Do not use herbicides on poison ivy! Yes, the chemicals will kill the greenery, but the dead, browned-out plants will still give you a rash.
Be smart when yellowjackets are in your lawn
Maggie in Gaithersburg writes: “My son was cutting the lawn last week when he was stung by yellow jackets. He is fine, but does not want to cut the lawn again until we get rid of the yellow jackets, which are flying in and out of a two-inch hole in the ground. I bought a can of yellow jacket spray, sprayed it into the hole late in the evening and ran inside, but the yellow jackets are still swarming around the hole. How do I eradicate these wasps without exposing my kids to the danger of toxic pesticides?”
Well, you’d have to go back in time to achieve that goal, Maggie, because you’ve already sprayed. And I don’t care what the label says; no spray will eradicate an underground yellow jacket nest.
Luckily, your situation — a flat lawn with a visible hole — is ideal for their easy, safe destruction.
Approach the hole in the cool of the evening, when they’re all inside the nest, carefully place a big glass bowl over the hole and then just avoid the area for a week or two. These highly aggressive wasps are unable to dig out and will cook in their underground nest.
Seek immediate medical help if a sting affects your breathing
The tragic death of a Virginia wife and mother this week is shining a spotlight on what physicians call a “bee sting allergy.”

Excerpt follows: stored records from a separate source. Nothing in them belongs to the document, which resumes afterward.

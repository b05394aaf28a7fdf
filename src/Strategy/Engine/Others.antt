-- ===== src/Strategy/Engine/Others.antt =====
-- What the turns of the engine's tasks do to the entry of a plan that they are not about.
use arb_core.Common.{
  ℕ, ◌+◌, ◌≡◌, ◌≢◌, ◌⊎◌, inl, inr, refl, sym, ◌∙◌, Bool, false, none, List, [], ◌∷◌, String,
  Outcome, ok, err, panic, arith, length, if-elim, eq_iff, Bool-cases, Option-cases,
}
use arb_core.Common.Dict.{find, put, find-put, find-delete}
use arb_core.Decimal.{Decimal}
use arb_core.MarketData.Triangle.{TriView}
use arb_core.Strategy.Config.{StrategyError}
use arb_core.Strategy.Detector.{Opportunity, detect_triangular_opportunities}
use arb_core.Strategy.Planner.{TradePlan}
use arb_core.Strategy.Plans.Places.{build_trade_plan-id}
use arb_core.Strategy.Engine.{StrategyEngine, ExecutionReport, count_seen}
use arb_core.Strategy.Engine.Detector.{
  Verdict, refused, crashed, accepted, vet, register, submit, handle_opportunity,
  handle_opportunities, handle_view, on_opportunities,
}
use arb_core.Strategy.Engine.Monitor.{handle_exec_report, scan_timeouts, to_cancel}
use arb_core.Strategy.Engine.Reports.{late_report, handle_exec_report_lem}
use arb_core.Strategy.Engine.Sending.{vet-accepted, fresh_entry}
use arb_core.Strategy.Engine.Timeouts.{among, find-cancel_plans}

module _ {D F : Type 0} where
  -- The entry of the plan is as it was, or gone.
  abbrev pub Keeps : String → StrategyEngine D F → StrategyEngine D F → Type 0
  Keeps id e e' = (find e'.inflight id ≡ find e.inflight id) ⊎ (find e'.inflight id ≡ none)

module _ {D F : Type 0} ⦃d : Decimal D⦄ where
  pub scan_timeouts-Keeps :
      (e : StrategyEngine D F) (now : ℕ) (id : String) → Keeps id e (scan_timeouts e now)
  unfolding scan_timeouts
  scan_timeouts-Keeps e now id =
      let ids = to_cancel e.inflight now in
      ground (arith, find-cancel_plans e ids id, Bool-cases (among id ids))

  pub handle_exec_report-Keeps :
      (e : StrategyEngine D F) (r : ExecutionReport D) (id : String)
      → id ≢ r.plan_id
      → Keeps id e (handle_exec_report e r)
  handle_exec_report-Keeps e r id h = elim (Option-cases (find e.inflight r.plan_id)) [
    | inl gone ↦ inl (rw (late_report e r gone) refl)
    | inr (p, at) ↦ inl ((handle_exec_report_lem e r p at).others id h)
  ]

  sent-find :
      (e : StrategyEngine D F) (plan : TradePlan D) (now : ℕ) (id : String)
      → id ≢ plan.id
      → find (submit (register e plan now) plan).inflight id ≡ find e.inflight id
  unfolding submit register
  sent-find e plan now id h = ground (
    arith,
    find-put e.inflight plan.id id (fresh_entry e plan now),
    find-delete (put e.inflight plan.id (fresh_entry e plan now)) plan.id id,
    eq_iff id plan.id,
  )

  pub handle_opportunity-find :
      (e : StrategyEngine D F) (op : Opportunity D) (minted : String) (now : ℕ) (id : String)
      → minted ≢ id
      → find (handle_opportunity e op minted now).0.inflight id ≡ find e.inflight id
  unfolding handle_opportunity
  handle_opportunity-find e op minted now id h =
      go (vet e.cfg (length e.inflight) op minted now) refl
    where
      go :
          (v : Verdict D)
          → vet e.cfg (length e.inflight) op minted now ≡ v
          → find (handle_opportunity e op minted now).0.inflight id ≡ find e.inflight id
      go refused f = rw (f, handle_opportunity) refl
      go crashed f = rw (f, handle_opportunity) refl
      go (accepted plan) f =
          let (room, checks, built) = vet-accepted e.cfg (length e.inflight) op minted now plan f in
          let named = build_trade_plan-id e.cfg op minted now plan built in
          rw (f, handle_opportunity) (sent-find e plan now id (λ q. h (sym named ∙ sym q)))

  handle_opportunities-find :
      (e : StrategyEngine D F) (ops : List (Opportunity D)) (i : ℕ) (env : ℕ → String × ℕ)
      (id : String)
      → ((j : ℕ) → (env j).0 ≢ id)
      → find (handle_opportunities e ops i env).0.inflight id ≡ find e.inflight id
  unfolding handle_opportunities
  handle_opportunities-find e [] i env id h = refl
  handle_opportunities-find e (op ∷ ops) i env id h =
      let (e', alive) = handle_opportunity e op (env i).0 (env i).1 in
      let first = handle_opportunity-find e op (env i).0 (env i).1 id (h i) in
      let rest = handle_opportunities e' ops (i + 1) env in
      if-elim (λ (r : StrategyEngine D F × Bool). find r.0.inflight id ≡ find e.inflight id) alive
        rest (e', false) (λ q. handle_opportunities-find e' ops (i + 1) env id h ∙ first)
        (λ q. first)

  pub handle_view-find :
      (e : StrategyEngine D F) (tv : TriView D) (env : ℕ → String × ℕ) (id : String)
      → ((j : ℕ) → (env j).0 ≢ id)
      → find (handle_view e tv 0 env).0.inflight id ≡ find e.inflight id
  unfolding handle_view
  handle_view-find e tv env id h =
      go (detect_triangular_opportunities tv e.cfg.fee_map e.cfg.limits.min_profit_abs)
    where
      go :
          (r : Outcome (StrategyError D) (List (Opportunity D)))
          → find (on_opportunities (count_seen e) 0 env r).0.inflight id ≡ find e.inflight id
      go (ok ops) = handle_opportunities-find (count_seen e) ops 0 env id h
      go (err b) = refl
      go panic = refl
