-- ===== src/Execution/Mock.antt =====
-- mock.rs: the worker of a plan, and the map through which a cancel request reaches it. What the
-- worker hears of its one-shot channel is an argument: by the place of the leg, whether `try_recv`
-- succeeds before it, and how the `select!` of a passive leg ends. So is the clock. A report is sent
-- whether or not it is received.
use arb_core.Common.{
  ℕ, suc, Bool, true, false, Option, none, some, List, [], ◌∷◌, ◌++◌, String, if◌then◌else◌,
}
use arb_core.Common.Dict.{Dict, find, put, delete}
use arb_core.Decimal.{Decimal, nil}
use arb_core.Strategy.Planner.{TradePlan, OrderLeg}
use arb_core.Strategy.Engine.{
  ExecutionReport, ExecStatus, filled, cancelled, partially_filled, CancelRequest,
}

-- the ends of a `select!`: the sleep is over, the channel woke it, or its poll panicked
pub data Race : Type 0 where
  slept woken crashed : Race

pub record Signals : Type 0 where
  pub cancel_heard : ℕ → Bool
  pub race : ℕ → Race

module _ {D : Type 0} ⦃d : Decimal D⦄ where
  abbrev pub report_of : TradePlan D → OrderLeg D → D → D → ExecStatus → ℕ → ExecutionReport D
  report_of plan leg filled_qty remaining_qty status timestamp = record {
    plan_id = plan.id;
    leg_idx = leg.leg_idx;
    filled_qty = filled_qty;
    remaining_qty = remaining_qty;
    status = status;
    timestamp = timestamp;
  }

  -- a report of nothing filled
  abbrev pub unfilled : TradePlan D → OrderLeg D → ExecStatus → ℕ → ExecutionReport D
  unfilled plan leg status now = report_of plan leg nil leg.qty status now

  unfoldable pub run_passive : Race → TradePlan D → OrderLeg D → ℕ → Option (ExecutionReport D)
  run_passive slept plan leg now = some (unfilled plan leg partially_filled now)
  run_passive woken plan leg now = some (unfilled plan leg cancelled now)
  run_passive crashed plan leg now = none

  -- the body of the loop over the legs; `none` is a panic
  unfoldable pub run_leg : Signals → TradePlan D → ℕ → OrderLeg D → ℕ → Option (ExecutionReport D)
  unfolding run_passive
  run_leg signals plan i leg now =
      if signals.cancel_heard i
      then some (unfilled plan leg cancelled now)
      else (if leg.is_taker
          then some (report_of plan leg leg.qty nil filled now)
          else run_passive (signals.race i) plan leg now)

  -- The loop from place i on: the reports it sends, and whether it comes to its end.
  unfoldable pub run_legs :
      Signals → (ℕ → ℕ) → TradePlan D → ℕ → List (OrderLeg D) → List (ExecutionReport D) × Bool
  unfolding run_leg
  run_legs signals clock plan i [] = ([], true)
  run_legs signals clock plan i (leg ∷ legs) = elim (run_leg signals plan i leg (clock i)) [
    | none ↦ ([], false)
    | some r ↦ let (rest, done) = run_legs signals clock plan (suc i) legs in (r ∷ rest, done)
  ]

  unfoldable pub run_plan : Signals → (ℕ → ℕ) → TradePlan D → List (ExecutionReport D) × Bool
  unfolding run_legs
  run_plan signals clock plan = run_legs signals clock plan 0 plan.legs

-- What the tasks share: the senders by plan, each the number of its worker; and the workers that
-- were sent the signal, in order.
pub record MockExecution : Type 0 where
  pub cancel_map : Dict ℕ
  pub signalled : List ℕ

-- a worker starts
unfoldable pub start_plan : MockExecution → String → ℕ → MockExecution
start_plan m plan_id worker = record m { cancel_map = put m.cancel_map plan_id worker }

-- the loop over the cancel requests; the leg that a request names is not read
unfoldable pub on_cancel : MockExecution → CancelRequest → MockExecution
on_cancel m request = elim (find m.cancel_map request.plan_id) [
  | none ↦ m
  | some worker ↦ record {
    cancel_map = delete m.cancel_map request.plan_id;
    signalled = m.signalled ++ (worker ∷ []);
  }
]

-- the clean-up of a worker
unfoldable pub finish_plan : MockExecution → String → MockExecution
finish_plan m plan_id = record m { cancel_map = delete m.cancel_map plan_id }

pub data MockEvent : Type 0 where
  start_of finish_of : String → MockEvent
  cancel_of : CancelRequest → MockEvent

-- what the tasks do to the map, in the order in which they get its lock; workers are numbered from n
unfoldable pub run_mock : ℕ → MockExecution → List MockEvent → MockExecution
unfolding start_plan on_cancel finish_plan
run_mock n m [] = m
run_mock n m (start_of plan_id ∷ events) = run_mock (suc n) (start_plan m plan_id n) events
run_mock n m (finish_of plan_id ∷ events) = run_mock n (finish_plan m plan_id) events
run_mock n m (cancel_of request ∷ events) = run_mock n (on_cancel m request) events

Most summer stings just hurt a little. But people who have been stung previously may have unknowingly become allergic to the venom, and the next sting could provoke a serious, body-wide reaction.
Native bees such as bumblebees are harmless; they don’t sting. Honey bees, which are not native (they’re originally from Africa), do sting. But most summer stings are delivered by wasps (like mud dauber and paper wasps), yellow jackets or other members of the hornet family.
If you encounter a hornet’s nest (they’re very distinctive looking) or see yellow jackets going in and out of the ground, back away and arrange for safe removal. I repeat: You do not need to do anything right away and you should not try to do anything right away.
If you were stung during your unpleasant discovery, a cut onion, slice of garlic or meat tenderizer containing papain (papaya) to the site of the sting can provide surprisingly effective relief.
But rush to an emergency room or to your emergency injector if you have had an allergic reaction to stings in the past.
And be ready to seek immediate medical attention if you feel shortness of breath or any symptom other than pain at the sting site, even if you haven’t had a previous reaction. Don’t delay. Like allergies to peanuts and shellfish, reactions to “bee stings” (more properly called venomous insect stings) can be fatal.
And if you know you’re allergic, keep an emergency injector such as the EpiPen nearby. These spring-loaded devices deliver a life-saving shot of epinephrine that instantly gets into your blood stream. If you’re allergic and don’t have one (or your device is old) have your doctor prescribe one. And make sure everyone in your home knows where it is!
Ode to a chigger
Chuck in Herndon writes: “Your recent segment on chiggers brought back some raw memories of my childhood. When I was growing up during the ’40s and ’50s in Arlington and Fairfax counties, they were a major source of discomfort. I returned to the area in 1993, but have yet to encounter them again, despite spending a lot of time in brushy areas outdoors. They are clearly less of a problem now than back in the past — when a friend of my family, originally from Iowa, would often repeat this little poem:
The chigger, the chigger
It isn’t much bigger
Than the head of a small sized pin;
But the welt that it raises
It itches like blazes
And that’s where the rubbing comes in.